20170210:04:40:22:090313 gpsegstart.py_sdw7:gpadmin:sdw7:gpadmin-[INFO]:-Reviewing /data/hawq/segments/3/gpseg38
20170210:04:40:22:090313 gpsegstart.py_sdw7:gpadmin:sdw7:gpadmin-[WARNING]:-Error getting data stdout:"" stderr:"failed to con
nect: Connection refused (errno: 111) Retrying no 1 failed to connect: Connection refused (errno: 111) Retrying no 2 failed to connec
t: Connection refused (errno: 111) Retrying no 3 failed to connect: Connection refused (errno: 111) Retrying no 4 failed to connect:
Connection refused (errno: 111) Retrying no 5 failed to connect: Connection refused (errno: 111) Retrying no 6 failed to connect: Con
nection refused (errno: 111) Retrying no 7 failed to connect: Connection refused (errno: 111) Retrying no 8 failed to connect: Connec
tion refused (errno: 111) Retrying no 9 failed to connect: Connection refused (errno: 111) Retrying no 10 failed to connect: Connecti
on refused (errno: 111) Retrying no 11 failed to connect: Connection refused (errno: 111) Retrying no 12 failed to connect: Connectio
n refused (errno: 111) Retrying no 13 failed to connect: Connection refused (errno: 111) Retrying no 14 failed to connect: Connection
 refused (errno: 111) Retrying no 15 failed to connect: Connection refused (errno: 111) Retrying no 16 failed to connect: Connection
refused (errno: 111) Retrying no 17 failed to connect: Connection refused (errno: 111) Retrying no 18 failed to connect: Connection r
efused (errno: 111) Retrying no 19 failed to connect: Connection refused (errno: 111) "
20170210:04:40:22:090313 gpsegstart.py_sdw7:gpadmin:sdw7:gpadmin-[INFO]:-Marking failed /data/hawq/segments/3/gpseg38, Unable t
o connect to server, 9

Observe that another check found port 40002 is being used by one Java application - HBase RegionServer.

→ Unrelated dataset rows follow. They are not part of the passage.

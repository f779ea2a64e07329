-- ===== src/Iterators/Lww.antt =====
-- The specification of a merge: what a value with a header stands for, and which of two wins.
use Prim.Native.Nat.{compare, Ordering}
use mathlib.Core.HLevel.{hedberg}
use native.Mathlib.Decide.{ℕ_discrete}
use lightningstream.Base.{
  ℕ, ◌≡◌, [], ltb, ◌==◌, not, ◌||◌, Bool, true, false, if◌then◌else◌, arith, ◌&&◌,
}
use lightningstream.Base.Bytes.{
  Bytes, compare_bytes_refl, eq_of_compare, Lt_of_gt, gt_of_Lt, Lt-trans,
}
use lightningstream.Base.Result.{Result, ok, ◌>>=◌, >>=-eq-ok}
use lightningstream.Header.{Header, parse, is_deleted}
use lightningstream.Snapshot.{Kv, masked_flags}
use lightningstream.Iterators.{NativeIterator, written_flags, at_most}

-- What the header and the application's value say; the transaction id is local to an instance.
pub record Version : Type 0 where
  pub timestamp : ℕ
  pub flags : ℕ
  pub value : Bytes

pub Version-discrete : Discrete Version
Version-discrete = hlevel ℕ_discrete

pub Version-set : IsSet Version
Version-set = hedberg Version-discrete

abbrev pub as_version : Header × Bytes → Result Version
as_version (h, app) = ok (record { timestamp = h.timestamp; flags = h.flags; value = app })

-- The version that a stored value stands for.
unfoldable pub version_of : Bytes → Result Version
version_of val = parse val >>= as_version

pub version_of-inv :
    (val : Bytes) (v : Version)
    → version_of val ≡ ok v
    → (p : Header × Bytes) × (parse val ≡ ok p)
      × (v ≡ record { timestamp = p.0.timestamp; flags = p.0.flags; value = p.1 })
unfolding version_of
version_of-inv val v e =
    let (p, parsed, same) = >>=-eq-ok (parse val) as_version e in (p, parsed, ground arith)

-- The version that a snapshot's entry stands for.
unfoldable pub incoming : NativeIterator → Kv → Version
incoming it entry = record {
  timestamp = if entry.timestamp_nano == 0 then it.default_timestamp else entry.timestamp_nano;
  flags = written_flags it entry.value (masked_flags entry);
  value =
      if is_deleted (written_flags it entry.value (masked_flags entry)) then [] else entry.value;
}

-- The later timestamp wins, at equal timestamps the lower value, and at equal values the old one.
unfoldable pub lww : Version → Version → Version
lww old new =
    if ltb new.timestamp old.timestamp
    then old
    else if new.timestamp == old.timestamp && at_most old.value new.value
    then old
    else new

pub lww_idem : (v : Version) → lww v v ≡ v
unfolding lww
lww_idem v = ground arith

pub lww-lww_self : (v w : Version) → lww (lww v w) w ≡ lww v w
unfolding lww
lww-lww_self v w = ground (arith, compare_bytes_refl w.value)

-- A merge never goes back in time.
pub lww-timestamp :
    (v w : Version) → (lww v w).timestamp ≡ Prim.Native.Nat.max v.timestamp w.timestamp
unfolding lww
lww-timestamp v w = ground arith

-- Whether `new` replaces `old`: a strict order on timestamps and values.
beats : Version → Version → Bool
beats new old =
    ltb old.timestamp new.timestamp
    || (new.timestamp == old.timestamp && not (at_most old.value new.value))

lww-beats : (old new : Version) → lww old new ≡ (if beats new old then new else old)
unfolding lww beats
lww-beats old new = ground arith

beats_trans : (a b c : Version) → beats a b ≡ true → beats b c ≡ true → beats a c ≡ true
unfolding beats
beats_trans a b c h k = ground (
  arith,
  Lt_of_gt c.value b.value,
  Lt_of_gt b.value a.value,
  gt_of_Lt c.value a.value,
  Lt-trans a.value b.value c.value,
)

beats-asymm : (a b : Version) → beats a b ≡ true → beats b a ≡ false
unfolding beats
beats-asymm a b h = ground (arith, Lt_of_gt b.value a.value, gt_of_Lt a.value b.value)

-- Two versions of which neither replaces the other are one, if their flags follow from the rest.
beats-total :
    (flag_of : ℕ → Bytes → ℕ) (a b : Version)
    → a.flags ≡ flag_of a.timestamp a.value
    → b.flags ≡ flag_of b.timestamp b.value
    → beats a b ≡ false
    → beats b a ≡ false
    → a ≡ b
unfolding beats
beats-total flag_of a b ha hb h k =
    ground (arith, eq_of_compare a.value b.value, gt_of_Lt b.value a.value)

-- Two versions in either order, if equal values at equal timestamps have equal flags.
pub lww_right_comm :
    (flag_of : ℕ → Bytes → ℕ) (s a b : Version)
    → s.flags ≡ flag_of s.timestamp s.value
    → a.flags ≡ flag_of a.timestamp a.value
    → b.flags ≡ flag_of b.timestamp b.value
    → lww (lww s a) b ≡ lww (lww s b) a
lww_right_comm flag_of s a b hs ha hb = ground (
  arith,
  lww-beats s a,
  lww-beats s b,
  lww-beats a b,
  lww-beats b a,
  beats_trans b a s,
  beats_trans a b s,
  beats-asymm a b,
  beats-asymm b a,
  beats-total flag_of a b ha hb,
)

pub lww_comm :
    (flag_of : ℕ → Bytes → ℕ) (a b : Version)
    → a.flags ≡ flag_of a.timestamp a.value
    → b.flags ≡ flag_of b.timestamp b.value
    → lww a b ≡ lww b a
lww_comm flag_of a b ha hb =
    ground (arith, lww-beats a b, lww-beats b a, beats-asymm a b, beats-total flag_of a b ha hb)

[root@sdw7 ~]# netstat -anp|grep 40002
tcp 0 0 10.178.143.146:40002 10.178.143.137:2181 ESTABLISHED 86153/java
[root@sdw7 ~]# ps -ef|grep 86153
hbase 86153 86140 0 04:23 ? 00:00:15 /usr/jdk64/jdk1.7.0_67/bin/java -Dproc_regionserver -XX:OnOutOfMemoryError=kill -9 %p -Xmx1000m -Dhdp.version=3.0.1.0-1 -XX:+UseConcMarkSweepGC -XX:ErrorFile=/var/log/hbase/hs_err_pid%p.log -verbose:gc -XX:+PrintGCDetails -XX:+PrintGCDateStamps -Xloggc:/var/log/hbase/gc.log-201702100423 -Xmn512m -XX:CMSInitiatingOccupancyFraction=70 -Xms4096m -Xmx4096m -Dhbase.log.dir=/var/log/hbase -Dhbase.log.file=hbase-hbase-regionserver-rmisdcaw7.gphd.local.log -Dhbase.home.dir=/usr/phd/current/hbase-regionserver/bin/.. -Dhbase.id.str=hbase -Dhbase.root.logger=INFO,RFA -Djava.library.path=:/usr/phd/3.0.1.0-1/hadoop/lib/native/Linux-amd64-64:/usr/phd/3.0.1.0-1/hadoop/lib/native -Dhbase.security.logger=INFO,RFAS org.apache.hadoop.hbase.regionserver.HRegionServer start

Resolution

Follow these steps to resolve this issue:
 

1. Stop HBase RegionServer Java application on host sdw7 on Ambari Web UI.
2. Start up the HDB cluster.
3. Start HBase RegionServer Java application on host sdw7.